WHAT YOU SHOULD DO
The lines from the start of the data up to and including the one with "unique_of_pair m n" should be returned exactly, and nothing else.

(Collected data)

═══

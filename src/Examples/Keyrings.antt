-- ===== src/Examples/Keyrings.antt =====
-- A keyring of an owner and a deployer.
use mathlib.Core.List.{Mem, not-mem-nil, eq-or-mem_of_mem-cons}
use mathlib.Core.List.Perm
use mathlib.Core.Logic.Or
use policy_templates.Prelude.{
  ◌≡◌, refl, ap, sym, ◌∙◌, ◌↔◌, Bytes, text, be16, be32, be64, [], ◌∷◌, ok, ◌⊎◌, arith, bytes_le,
  sort_by_key, traverse,
}
use policy_templates.External.{Collision}
use policy_templates.Canonical.Binds.{nth}
use policy_templates.Canonical.{ce_v1_bytes, ce_v1_hash}
use policy_templates.Keyring.{
  owner, deployer, Member, OrgKeyring, OrgKeyringEnvelope, as_str, canonical_keyring_bytes,
  verify_keyring,
}
use policy_templates.Keyring.Binding.{SameKeyring, canonical_keyring_bytes_binds}
use policy_templates.Keyring.Order.{UniqueIds, canonical_keyring_bytes-perm}
use policy_templates.Keyring.Verify.{verify_keyring_iff, Authentic}
use policy_templates.Examples.Toy.{toy, toy-TextLaws}

abbrev pub alice : Member
alice = record { user_id = 1 ∷ []; pubkey = toy.verifying_key (7 ∷ []); role = owner; added_at = 3 }

abbrev pub bob : Member
bob = record {
  user_id = 2 ∷ [];
  pubkey = toy.verifying_key (8 ∷ []);
  role = deployer;
  added_at = 4;
}

abbrev pub keyring : OrgKeyring
keyring = record { org_id = 5 ∷ []; version = 1; members = alice ∷ bob ∷ []; updated_at = 6 }

abbrev reversed : OrgKeyring
reversed = record { org_id = 5 ∷ []; version = 1; members = bob ∷ alice ∷ []; updated_at = 6 }

unfoldable pub keyring_encodes : (b : Bytes) × (canonical_keyring_bytes toy keyring ≡ ok b)
unfolding canonical_keyring_bytes text be16 be32 be64 ce_v1_bytes ce_v1_hash sort_by_key traverse
    bytes_le as_str
keyring_encodes = (_, refl)

IsSet-Member : IsSet Member
IsSet-Member = hlevel

of_pair :
    {a m n : Member} {P : Type 0} → IsProp P → Mem a (m ∷ n ∷ []) → (a ≡ m → P) → (a ≡ n → P) → P
of_pair prop h first second =
    Or.elim prop (eq-or-mem_of_mem-cons h) first
      λ more. Or.elim prop (eq-or-mem_of_mem-cons more) second λ none'. absurd (not-mem-nil none')

unique_of_pair : (m n : Member) → (m.user_id ≡ n.user_id → m ≡ n) → UniqueIds (m ∷ n ∷ [])
unique_of_pair m n h a b ha hb e =
    let id = λ (k : Member). k.user_id in
    of_pair (IsSet-Member a b) ha
      (λ am. of_pair (IsSet-Member a b) hb (λ bm. cc) (λ bn. cc (h (cc (e, ap id am, ap id bn)))))
      (λ an. of_pair (IsSet-Member a b) hb (λ bm. cc (h (cc (e, ap id an, ap id bm)))) (λ bn. cc))

unique : UniqueIds (alice ∷ bob ∷ [])
unique = unique_of_pair alice bob (λ e. absurd (omega (arith, ap (nth 0) e)))

same_bytes : canonical_keyring_bytes toy keyring ≡ canonical_keyring_bytes toy reversed
same_bytes =
    canonical_keyring_bytes-perm toy keyring (bob ∷ alice ∷ []) unique (Perm.swap bob alice [])

canonical_keyring_bytes-perm_example :
    canonical_keyring_bytes toy keyring ≡ canonical_keyring_bytes toy reversed
canonical_keyring_bytes-perm_example =
    canonical_keyring_bytes-perm toy keyring (bob ∷ alice ∷ []) unique (Perm.swap bob alice [])

canonical_keyring_bytes_binds_example : SameKeyring keyring reversed ⊎ Collision toy
canonical_keyring_bytes_binds_example =
    canonical_keyring_bytes_binds toy keyring reversed keyring_encodes.0 toy-TextLaws (omega arith)
      (omega arith) keyring_encodes.1 (sym same_bytes ∙ keyring_encodes.1)

abbrev pub envelope : OrgKeyringEnvelope
envelope = record {
  keyring = keyring;
  signature = toy.sign (7 ∷ []) keyring_encodes.0;
  signing_pubkey = alice.pubkey;
}

verify_keyring_iff_example :
    (verify_keyring toy envelope alice.pubkey ≡ ok keyring)
    ↔ (Authentic toy envelope alice.pubkey × (keyring ≡ keyring))
verify_keyring_iff_example = verify_keyring_iff toy envelope alice.pubkey keyring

═══

ANSWER
filename src/Examples/Keyrings.antt
-- ===== src/Examples/Keyrings.antt =====
-- A keyring of an owner and a deployer.
use mathlib.Core.List.{Mem, not-mem-nil, eq-or-mem_of_mem-cons}
use mathlib.Core.List.Perm
use mathlib.Core.Logic.Or
use policy_templates.Prelude.{
  ◌≡◌, refl, ap, sym, ◌∙◌, ◌↔◌, Bytes, text, be16, be32, be64, [], ◌∷◌, ok, ◌⊎◌, arith, bytes_le,
  sort_by_key, traverse,
}
use policy_templates.External.{Collision}
use policy_templates.Canonical.Binds.{nth}
use policy_templates.Canonical.{ce_v1_bytes, ce_v1_hash}
use policy_templates.Keyring.{
  owner, deployer, Member, OrgKeyring, OrgKeyringEnvelope, as_str, canonical_keyring_bytes,
  verify_keyring,
}
use policy_templates.Keyring.Binding.{SameKeyring, canonical_keyring_bytes_binds}
use policy_templates.Keyring.Order.{UniqueIds, canonical_keyring_bytes-perm}
use policy_templates.Keyring.Verify.{verify_keyring_iff, Authentic}
use policy_templates.Examples.Toy.{toy, toy-TextLaws}

abbrev pub alice : Member
alice = record { user_id = 1 ∷ []; pubkey = toy.verifying_key (7 ∷ []); role = owner; added_at = 3 }

abbrev pub bob : Member
bob = record {
  user_id = 2 ∷ [];
  pubkey = toy.verifying_key (8 ∷ []);
  role = deployer;
  added_at = 4;
}

abbrev pub keyring : OrgKeyring
keyring = record { org_id = 5 ∷ []; version = 1; members = alice ∷ bob ∷ []; updated_at = 6 }

abbrev reversed : OrgKeyring
reversed = record { org_id = 5 ∷ []; version = 1; members = bob ∷ alice ∷ []; updated_at = 6 }

unfoldable pub keyring_encodes : (b : Bytes) × (canonical_keyring_bytes toy keyring ≡ ok b)
unfolding canonical_keyring_bytes text be16 be32 be64 ce_v1_bytes ce_v1_hash sort_by_key traverse
    bytes_le as_str
keyring_encodes = (_, refl)

IsSet-Member : IsSet Member
IsSet-Member = hlevel

of_pair :
    {a m n : Member} {P : Type 0} → IsProp P → Mem a (m ∷ n ∷ []) → (a ≡ m → P) → (a ≡ n → P) → P
of_pair prop h first second =
    Or.elim prop (eq-or-mem_of_mem-cons h) first
      λ more. Or.elim prop (eq-or-mem_of_mem-cons more) second λ none'. absurd (not-mem-nil none')

unique_of_pair : (m n : Member) → (m.user_id ≡ n.user_id → m ≡ n) → UniqueIds (m ∷ n ∷ [])
unique_of_pair m n h a b ha hb e =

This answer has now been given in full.